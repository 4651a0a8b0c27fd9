-- ===== src/Tracker/Devices.antt =====
-- The alive IPs of internal/tracker/tracker.go: what `FlushAliveIPs` reports, and what becomes of a
-- report that the panel refused.
use xboard_node_win.Common.{
  ℤ, Text, sort, Dict, lookup, insert, lookup-insert, IsMap, ltb_ℤ, int_key, text_key, beq_ℤ_iff,
  beq_text_iff, List, [], ◌∷◌, Option, none, some, Bool, ◌≡◌, ◌≢◌, refl, arith, ◌∙◌, ap, sym,
}
use xboard_node_win.Tracker.{
  AliveIps, Tracker, keys, fill_alive_ips, restore_alive_ips, calc_alive_ips_hash, flush_alive_ips,
  hash_input, process, Traffic,
}

-- The report names each user of the snapshot with its IPs.
abbrev pub ips_of : Option (Dict Text Bool) → Option (List Text)
ips_of none = none
ips_of (some ips) = some (keys ips)

lookup-fill_alive_ips :
    (alive : AliveIps) (uid : ℤ) (buf : Dict ℤ (List Text))
    → IsMap alive
    → lookup uid (fill_alive_ips alive buf)
      ≡ elim (lookup uid alive) [ none ↦ lookup uid buf | some ips ↦ some (keys ips) ]
unfolding fill_alive_ips lookup
lookup-fill_alive_ips [] uid buf m = refl
lookup-fill_alive_ips ((i, ips) ∷ alive) uid buf m = ground (
  arith,
  lookup-fill_alive_ips alive uid (insert i (keys ips) buf) m.1,
  lookup-insert uid i (keys ips) buf,
  beq_ℤ_iff i uid,
)

module _ (digest : Text → Text) where
  -- If the alive IPs are a map and their hash differs from the last reported one, the report gives
  -- every user of the snapshot its IPs, and no other user.
  pub flush_alive_ips_report :
      (t : Tracker) (uid : ℤ)
      → IsMap t.live.alive_ips
      → calc_alive_ips_hash digest t.live.alive_ips ≢ t.last_alive_ips_hash
      → (buf : Dict ℤ (List Text)) × ((flush_alive_ips digest t).0 ≡ some buf)
        × (lookup uid buf ≡ ips_of (lookup uid t.live.alive_ips))
  unfolding flush_alive_ips lookup
  flush_alive_ips_report t uid m changed = (
    fill_alive_ips t.live.alive_ips [],
    ground
        (arith, beq_text_iff (calc_alive_ips_hash digest t.live.alive_ips) t.last_alive_ips_hash),
    ground (arith, lookup-fill_alive_ips t.live.alive_ips uid [] m),
  )

  -- A report that the panel refused is lost: after a flush, whatever `RestoreAliveIPs` puts back,
  -- the next `FlushAliveIPs` reports nothing, neither at once nor after a `Process` in which the
  -- kernel sees the same IPs.
  pub flush-restore_alive_ips :
      (t : Tracker) (refused : Dict ℤ (List Text)) (cums : Traffic) (conns : ℤ)
      → let t' = restore_alive_ips refused (flush_alive_ips digest t).1 in
        ((flush_alive_ips digest t').0 ≡ none)
        × ((flush_alive_ips digest (process t' cums t.live.alive_ips conns)).0 ≡ none)
  unfolding flush_alive_ips restore_alive_ips process
  flush-restore_alive_ips t refused cums conns =
      let h = calc_alive_ips_hash digest t.live.alive_ips in
      (
        ground (arith, beq_text_iff h t.last_alive_ips_hash, beq_text_iff h h),
        ground (arith, beq_text_iff h t.last_alive_ips_hash, beq_text_iff h h),
      )

  calc_alive_ips_hash_nonempty :
      (alive : AliveIps)
      → alive ≢ []
      → calc_alive_ips_hash digest alive ≡ digest (hash_input alive (sort ltb_ℤ (keys alive)))
  unfolding calc_alive_ips_hash
  calc_alive_ips_hash_nonempty [] ne = absurd (ne refl)
  calc_alive_ips_hash_nonempty (e ∷ alive) ne = refl

  -- Two snapshots that are not empty and are hashed from the same bytes are not told apart: after a
  -- flush of the first, nothing is reported at the second.
  pub flush_alive_ips_collision :
      (t : Tracker) (alive : AliveIps) (cums : Traffic) (conns : ℤ)
      → t.live.alive_ips ≢ []
      → alive ≢ []
      → hash_input t.live.alive_ips (sort ltb_ℤ (keys t.live.alive_ips))
        ≡ hash_input alive (sort ltb_ℤ (keys alive))
      → (flush_alive_ips digest (process (flush_alive_ips digest t).1 cums alive conns)).0 ≡ none
  unfolding flush_alive_ips process
  flush_alive_ips_collision t alive cums conns ne ne' same =
      let h = calc_alive_ips_hash digest t.live.alive_ips in
      let h' = calc_alive_ips_hash digest alive in
      let equal : h ≡ h' =
        calc_alive_ips_hash_nonempty t.live.alive_ips ne
        ∙ (ap digest same ∙ sym (calc_alive_ips_hash_nonempty alive ne')) in
      ground (
        arith,
        equal,
        beq_text_iff h t.last_alive_ips_hash,
        beq_text_iff h' h,
        beq_text_iff h' t.last_alive_ips_hash,
      )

------------------------

BRIEF – Beginning with the very first line of the material above, give each line again exactly, ending with the line that contains "lookup-fill_alive_ips [] uid buf m = refl".

ANSWER BOX –
repository 4651a0a8b0c27fd9
-- ===== src/Tracker/Devices.antt =====
-- The alive IPs of internal/tracker/tracker.go: what `FlushAliveIPs` reports, and what becomes of a
-- report that the panel refused.
use xboard_node_win.Common.{
  ℤ, Text, sort, Dict, lookup, insert, lookup-insert, IsMap, ltb_ℤ, int_key, text_key, beq_ℤ_iff,
  beq_text_iff, List, [], ◌∷◌, Option, none, some, Bool, ◌≡◌, ◌≢◌, refl, arith, ◌∙◌, ap, sym,
}
use xboard_node_win.Tracker.{
  AliveIps, Tracker, keys, fill_alive_ips, restore_alive_ips, calc_alive_ips_hash, flush_alive_ips,
  hash_input, process, Traffic,
}

-- The report names each user of the snapshot with its IPs.
abbrev pub ips_of : Option (Dict Text Bool) → Option (List Text)
ips_of none = none
ips_of (some ips) = some (keys ips)

lookup-fill_alive_ips :
    (alive : AliveIps) (uid : ℤ) (buf : Dict ℤ (List Text))
    → IsMap alive
    → lookup uid (fill_alive_ips alive buf)
      ≡ elim (lookup uid alive) [ none ↦ lookup uid buf | some ips ↦ some (keys ips) ]
unfolding fill_alive_ips lookup
lookup-fill_alive_ips [] uid buf m = refl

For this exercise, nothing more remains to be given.